Work to complete:
Where the string "Type" appears in a line of the material below, copy that line.

Records for processing:
-- ===== src/Kernel/Console/Init.antt =====
-- `cons_init` of scheduler/kern/console.c, and the interrupt controller of scheduler/kern/picirq.c.
use Prim.Native.Nat.{bit_and}
use features_operating_syste.Prelude.{
  ℕ, zero, suc, ◌+◌, ◌/◌, ◌%◌, ◌^◌, Bool, true, false, Option, none, some, List, [], ◌∷◌, ◌==◌,
  if◌then◌else◌,
}
use features_operating_syste.UserLib.Format.Numbers.{Argumento, palabra}
use features_operating_syste.Kernel.Console.Ports.{Puertos, Equipo, serial_init}
use features_operating_syste.Kernel.Console.Screen.{cga_init}
use features_operating_syste.Kernel.Console.Ring.{Consola, kbd_intr}
use features_operating_syste.Kernel.Console.Print.{vcprintf}

-- The static variables of picirq.c.
pub record Pic : Type 0 where
  pub irq_mask_8259A : ℕ
  pub didinit : Bool

-- As they are at first: all interrupts are masked but IRQ_SLAVE.
abbrev pub pic_inicial : Pic
pic_inicial = record { irq_mask_8259A = 0xFFFB; didinit = false }

-- "enabled interrupts:", " %d", "\n" and "Serial port does not exist!\n"
abbrev pub texto_enabled : List ℕ
texto_enabled =
    b'e' ∷ b'n' ∷ b'a' ∷ b'b' ∷ b'l' ∷ b'e' ∷ b'd' ∷ b' ' ∷ b'i' ∷ b'n' ∷ b't' ∷ b'e' ∷ b'r' ∷ b'r'
    ∷ b'u' ∷ b'p' ∷ b't' ∷ b's' ∷ b':' ∷ []

abbrev pub formato_irq : List ℕ
formato_irq = b' ' ∷ b'%' ∷ b'd' ∷ []

abbrev pub texto_serial : List ℕ
texto_serial =
    b'S' ∷ b'e' ∷ b'r' ∷ b'i' ∷ b'a' ∷ b'l' ∷ b' ' ∷ b'p' ∷ b'o' ∷ b'r' ∷ b't' ∷ b' ' ∷ b'd' ∷ b'o'
    ∷ b'e' ∷ b's' ∷ b' ' ∷ b'n' ∷ b'o' ∷ b't' ∷ b' ' ∷ b'e' ∷ b'x' ∷ b'i' ∷ b's' ∷ b't' ∷ b'!'
    ∷ b'\n' ∷ []

-- The writes of `pic_init`, in order: a port and a value.
abbrev pub ordenes_pic : List (ℕ × ℕ)
ordenes_pic =
    (0x21, 0xFF)
    ∷ (0xA1, 0xFF)
    ∷ (0x20, 0x11)
    ∷ (0x21, 32)
    ∷ (0x21, 4)
    ∷ (0x21, 3)
    ∷ (0xA0, 0x11)
    ∷ (0xA1, 40)
    ∷ (0xA1, 2)
    ∷ (0xA1, 1)
    ∷ (0x20, 0x68)
    ∷ (0x20, 0x0A)
    ∷ (0xA0, 0x68)
    ∷ (0xA0, 0x0A)
    ∷ []

module _ {D : Type 0} (p : Puertos D) where
  abbrev pub outb_todos : List (ℕ × ℕ) → D → D
  outb_todos [] d = d
  outb_todos ((puerto, v) ∷ l) d = outb_todos l (p.outb puerto v d)

  -- `cprintf`; `none` is an argument that is not there.
  abbrev pub cprintf : List ℕ → List Argumento → Equipo D → Option (Equipo D)
  cprintf fmt args e = elim (vcprintf p fmt args e) [ none ↦ none | some (e', cnt) ↦ some e' ]

  -- The interrupts from `i` on, `n` of them, that `mask` lets through.
  unfoldable pub imprimir_irqs : ℕ → ℕ → ℕ → Equipo D → Option (Equipo D)
  imprimir_irqs mask i zero e = some e
  imprimir_irqs mask i (suc n) e =
      elim (if mask / 2 ^ i % 2 == 0 then cprintf formato_irq (palabra i ∷ []) e else some e) [
        | none ↦ none
        | some e' ↦ imprimir_irqs mask (i + 1) n e'
      ]

  -- The list of the interrupts, between its two texts.
  abbrev pub imprimir_lista : ℕ → Equipo D → Option (Equipo D)
  imprimir_lista mask e = elim (cprintf texto_enabled [] e) [
    | none ↦ none
    | some e1 ↦ elim (imprimir_irqs mask 0 16 e1) [
      | none ↦ none
      | some e2 ↦ cprintf (b'\n' ∷ []) [] e2
    ]
  ]

  unfoldable pub irq_setmask_8259A : ℕ → Pic → Equipo D → Option (Pic × Equipo D)
  unfolding imprimir_irqs
  irq_setmask_8259A mask pic e =
      let pic' = record pic { irq_mask_8259A = mask } in
      let e1 = record e {
        puertos = outb_todos ((0x21, mask % 256) ∷ (0xA1, mask / 256) ∷ []) e.puertos;
      } in
      elim (if pic.didinit then imprimir_lista mask e1 else some e) [
        | none ↦ none
        | some e2 ↦ some (pic', e2)
      ]

  unfoldable pub pic_init : Pic → Equipo D → Option (Pic × Equipo D)
  unfolding irq_setmask_8259A
  pic_init pic e =
      let pic1 = record pic { didinit = true } in
      let e1 = record e { puertos = outb_todos ordenes_pic e.puertos } in
      if pic.irq_mask_8259A == 0xFFFF
      then some (pic1, e1)
      else irq_setmask_8259A pic.irq_mask_8259A pic1 e1

  -- Input that waits is read first; `n` is fuel for it.
  unfoldable pub kbd_init : ℕ → Pic → Consola D → Option (Pic × Consola D)
  unfolding kbd_intr irq_setmask_8259A
  kbd_init n pic c = elim (kbd_intr p n c) [
    | none ↦ none
    | some c1 ↦ elim (irq_setmask_8259A (bit_and pic.irq_mask_8259A 0xFFFD) pic c1.equipo) [
      | none ↦ none
      | some (pic', e) ↦ some (pic', record c1 { equipo = e })
    ]
  ]

  unfoldable pub cons_init : Bool → (ℕ → ℕ) → ℕ → Pic → Consola D → Option (Pic × Consola D)
  unfolding kbd_init
  cons_init color mono n pic c =
      elim (kbd_init n pic (record c { equipo = cga_init p color mono c.equipo })) [
        | none ↦ none
        | some (pic', c1) ↦
            let e = serial_init p c1.equipo in
            elim (if e.serial_exists then some e else cprintf texto_serial [] e) [
              | none ↦ none
              | some e1 ↦ some (pic', record c1 { equipo = e1 })
            ]
      ]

Solution:
pub record Pic : Type 0 where
module _ {D : Type 0} (p : Puertos D) where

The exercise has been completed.